**** The data

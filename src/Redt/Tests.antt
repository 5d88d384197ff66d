-- ===== src/Redt/Tests.antt =====
-- Runs of the model of redt/redt.go on a small chain.
use signers.Base.{
  suc, ℕ, ◌+◌, ◌-◌, ◌%◌, ◌≤◌, ◌≡◌, inr, refl, List, [], ◌∷◌, map, some, arith, length, get_elem?,
  contains, if◌then◌else◌,
}
use mathlib.Core.List.{Perm}
use signers.Base.Int.{pos, ◌<ℤ◌, int64-pos}
use signers.Base.Sort.{IsSorted}
use signers.Base.Ends.{Ends}
use signers.Base.Exec.{Error, err, ok, returned, panicked, blocked}
use signers.Redt.Types.{Address, block_number, partial, Geth}
use signers.Redt.Node.{Node, to_block_num_arg, header_by_number}
use signers.Redt.Node.Cache.{header_by_number_again, header_by_number_poisoned}
use signers.Redt.Node.Chain.{Coherent, header_by_number-of_chain}
use signers.Redt.Node.Numbers.{read_block_num, to_block_num_arg-read}
use signers.Redt.Create.{get_val_set}
use signers.Redt.Create.Order.{get_val_set-order}
use signers.Redt.Stats.{signers_from_block, update_statistics_for_block, initialize_stats}
use signers.Redt.Stats.Counting.{Counts, Keeps, update-Counts}
use signers.Redt.Stats.Deadlock.{initialize_stats-blocked, initialize_stats-resets}
use signers.Redt.Report.{Report, next_proposer, signers_for_header}
use signers.Redt.Report.RoundRobin.{next_proposer-round_robin}
use signers.Redt.Report.Answer.{Answer, signers_for_header-Answer}
use signers.Redt.Report.Panics.{signers_for_header-panics}
use signers.Redt.Monitor.Start.{monitor_signers-start}
use signers.Redt.Monitor.Notified.{noted, Displayed, monitor_signers_ws-Displayed}
use signers.Redt.Stats.Deadlock.{zeroed}
use signers.Redt.Monitor.{monitor_signers, monitor_signers_ws, poll_loop}
use signers.Redt.Monitor.Steady.{Ready}
use signers.Redt.Monitor.Advance.{Advanced}
use signers.Redt.Monitor.Coverage.{at, poll_loop_coverage}
use signers.Redt.Demo.{
  demo_geth, demo_node, demo_story, demo_steady, demo-Ready, demo-Coherent, demo_cache, demo-Chain,
  block, newest_at,
}

-- A node whose answers break off after the number of the block.
abbrev breaking_geth : Geth
breaking_geth = record demo_geth { get_block = λ c t. partial (block 3) }

recovered_three : signers_from_block demo_geth (block 3) ≡ returned (1, 0 ∷ 1 ∷ [])
unfolding signers_from_block
recovered_three = refl

number_three : block_number (block 3) ≡ pos 3
number_three = int64-pos 3 (omega arith)

fresh_three : demo_node.last_block_processed <ℤ block_number (block 3)
fresh_three = rw number_three (omega arith)

poll_loop_coverage_example :
    (m timestamp : ℕ) × (t : Node demo_geth) × (2 ≤ m)
    × (m ≤ newest_at t.calls)
    × (poll_loop demo_geth 2 (at demo_geth demo_story demo_steady 1 101) demo_node
        ≡ (returned (at demo_geth demo_story demo_steady m timestamp), t))
    × Ready demo_geth demo_story t
    × Advanced demo_geth demo_story (m - 1) 2 demo_node t
poll_loop_coverage_example =
    poll_loop_coverage demo_geth demo_story demo_steady 1 1 101 demo_node (omega arith) demo-Ready

update-Counts_example :
    let (o, t) = update_statistics_for_block demo_geth (block 3) demo_node in
    (o ≡ returned (1, 0 ∷ 1 ∷ [])) × Counts 1 (0 ∷ 1 ∷ []) demo_node t × Keeps demo_node t
update-Counts_example =
    update-Counts demo_geth (block 3) demo_node recovered_three (refl, refl) fresh_three

header_by_number_poisoned_example :
    let (o, t) = header_by_number breaking_geth (pos 3) demo_node in
    let (o', u) = header_by_number breaking_geth (pos 3) t in
    (o ≡ returned (err Error.failed)) × (o' ≡ returned (ok (block 3))) × (u.calls ≡ 0 + 1)
header_by_number_poisoned_example =
    header_by_number_poisoned breaking_geth
      (record {
        get_keeps = λ c i j. refl;
        add_found = demo_cache.add_found;
        add_sound = demo_cache.add_sound;
      })
      (pos 3) demo_node (block 3) refl refl number_three

header_by_number_again_example :
    let t = (header_by_number demo_geth (pos 3) demo_node).1 in
    let (o, u) = header_by_number demo_geth (pos 3) t in
    (o ≡ returned (ok (block 3))) × (t.calls ≡ 0 + 1) × (u.calls ≡ 0 + 1)
header_by_number_again_example =
    header_by_number_again demo_geth demo_cache (pos 3) demo_node (block 3) refl
      (demo_steady.served 0 3 (omega arith)) number_three

header_by_number-of_chain_example :
    Ends
      (λ h t. (h ≡ block 3) × Coherent demo_geth block t.header_cache)
      (λ t. Coherent demo_geth block t.header_cache)
      (header_by_number demo_geth (pos 3) demo_node)
header_by_number-of_chain_example =
    header_by_number-of_chain demo_geth block demo_cache demo-Chain 3 demo_node (omega arith)
      demo-Coherent

to_block_num_arg-read_example : read_block_num (to_block_num_arg (pos 4660)) ≡ 4660
to_block_num_arg-read_example = to_block_num_arg-read 4660 (omega arith)

abbrev three : List Address
three = 5 ∷ 7 ∷ 9 ∷ []

next_proposer-round_robin_example :
    (b : Address) × (get_elem? three ((2 + 1) % length three) ≡ some b)
    × (next_proposer 9 three ≡ returned b)
unfolding contains
next_proposer-round_robin_example =
    next_proposer-round_robin three (refl, (refl, (refl, tt))) 2 9 refl

get_val_set-order_example :
    (addrs : List Address) × ((get_val_set demo_geth demo_node).0 ≡ returned (ok addrs))
    × IsSorted (map demo_geth.address_hex addrs)
    × Perm addrs (map demo_geth.hex_to_address ((9 ∷ []) ∷ (1 ∷ []) ∷ (0 ∷ []) ∷ []))
get_val_set-order_example =
    get_val_set-order demo_geth (λ a. refl) demo_node ((9 ∷ []) ∷ (1 ∷ []) ∷ (0 ∷ []) ∷ []) refl

initialize_stats-blocked_example : (initialize_stats demo_geth (pos 1) demo_node).0 ≡ blocked
initialize_stats-blocked_example =
    initialize_stats-blocked demo_geth demo_story demo_steady 1 demo_node (omega arith)
      (omega arith) (λ e. absurd (omega (arith, e))) demo-Coherent (refl, refl)

abbrev counted_node : Node demo_geth
counted_node = record demo_node { as_signer = λ a. 4 }

initialize_stats-resets_example :
    let (o, t) = initialize_stats demo_geth (pos 0) counted_node in
    (o ≡ returned tt)
    × ((v : Address) → t.as_proposer v ≡ (if contains v (0 ∷ 1 ∷ []) then 0 else 0))
    × ((v : Address) → t.as_signer v ≡ (if contains v (0 ∷ 1 ∷ []) then 0 else 4))
    × Keeps counted_node t
initialize_stats-resets_example =
    initialize_stats-resets demo_geth (pos 0) counted_node (omega arith) (refl, refl)

abbrev third_node : Node demo_geth
third_node = record demo_node { val_set = 0 ∷ 1 ∷ 5 ∷ [] }

signers_for_header-panics_example :
    (signers_for_header demo_geth (block 3) 102 third_node).0 ≡ panicked
unfolding contains
signers_for_header-panics_example =
    signers_for_header-panics demo_geth (block 3) 102 third_node recovered_three (refl, refl)
      (inr (5, refl, refl))

monitor_signers-start_example :
    (m timestamp : ℕ) × (t : Node demo_geth) × (2 ≤ m)
    × (monitor_signers demo_geth (pos 0) 3 demo_node
        ≡ (returned (at demo_geth demo_story demo_steady m timestamp), t))
    × Ready demo_geth demo_story t
    × Advanced demo_geth demo_story (suc (m - 2)) 2 (zeroed demo_node) t
monitor_signers-start_example =
    monitor_signers-start demo_geth demo_story demo_steady 2 (pos 0) demo_node (omega arith)
      (omega arith) demo-Ready

monitor_signers_ws-Displayed_example :
    (timestamp : ℕ) × (t : Node demo_geth) × (monitor_signers_ws demo_geth
        (2 ∷ 3 ∷ 4 ∷ [])
        demo_node
      ≡ (returned (noted demo_geth demo_story demo_steady timestamp), t))
    × Ready demo_geth demo_story t
    × Displayed demo_geth demo_story (3 ∷ 4 ∷ []) demo_node t
monitor_signers_ws-Displayed_example =
    monitor_signers_ws-Displayed demo_geth demo_story demo_steady 2 (3 ∷ 4 ∷ []) demo_node
      (omega arith, omega arith) ((omega arith, omega arith), ((omega arith, omega arith), tt))
      demo-Ready

signers_for_header-Answer_example :
    (r : Report) × (t : Node demo_geth) × (signers_for_header demo_geth (block 3) 102 demo_node
      ≡ (returned (r, 103), t))
    × Answer demo_geth (block 3) 102 demo_node 1 demo-Ready.members_known r
    × Counts 1 (0 ∷ 1 ∷ []) demo_node t
    × Keeps demo_node t
signers_for_header-Answer_example =
    signers_for_header-Answer demo_geth (block 3) 102 demo_node recovered_three (refl, refl)
      fresh_three (omega arith) demo-Ready.members_known (demo-Ready.authors_known 3)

********

For every line in the data above that holds "Advanced", return the line itself.

use signers.Redt.Monitor.Advance.{Advanced}
    × Advanced demo_geth demo_story (m - 1) 2 demo_node t
    × Advanced demo_geth demo_story (suc (m - 2)) 2 (zeroed demo_node) t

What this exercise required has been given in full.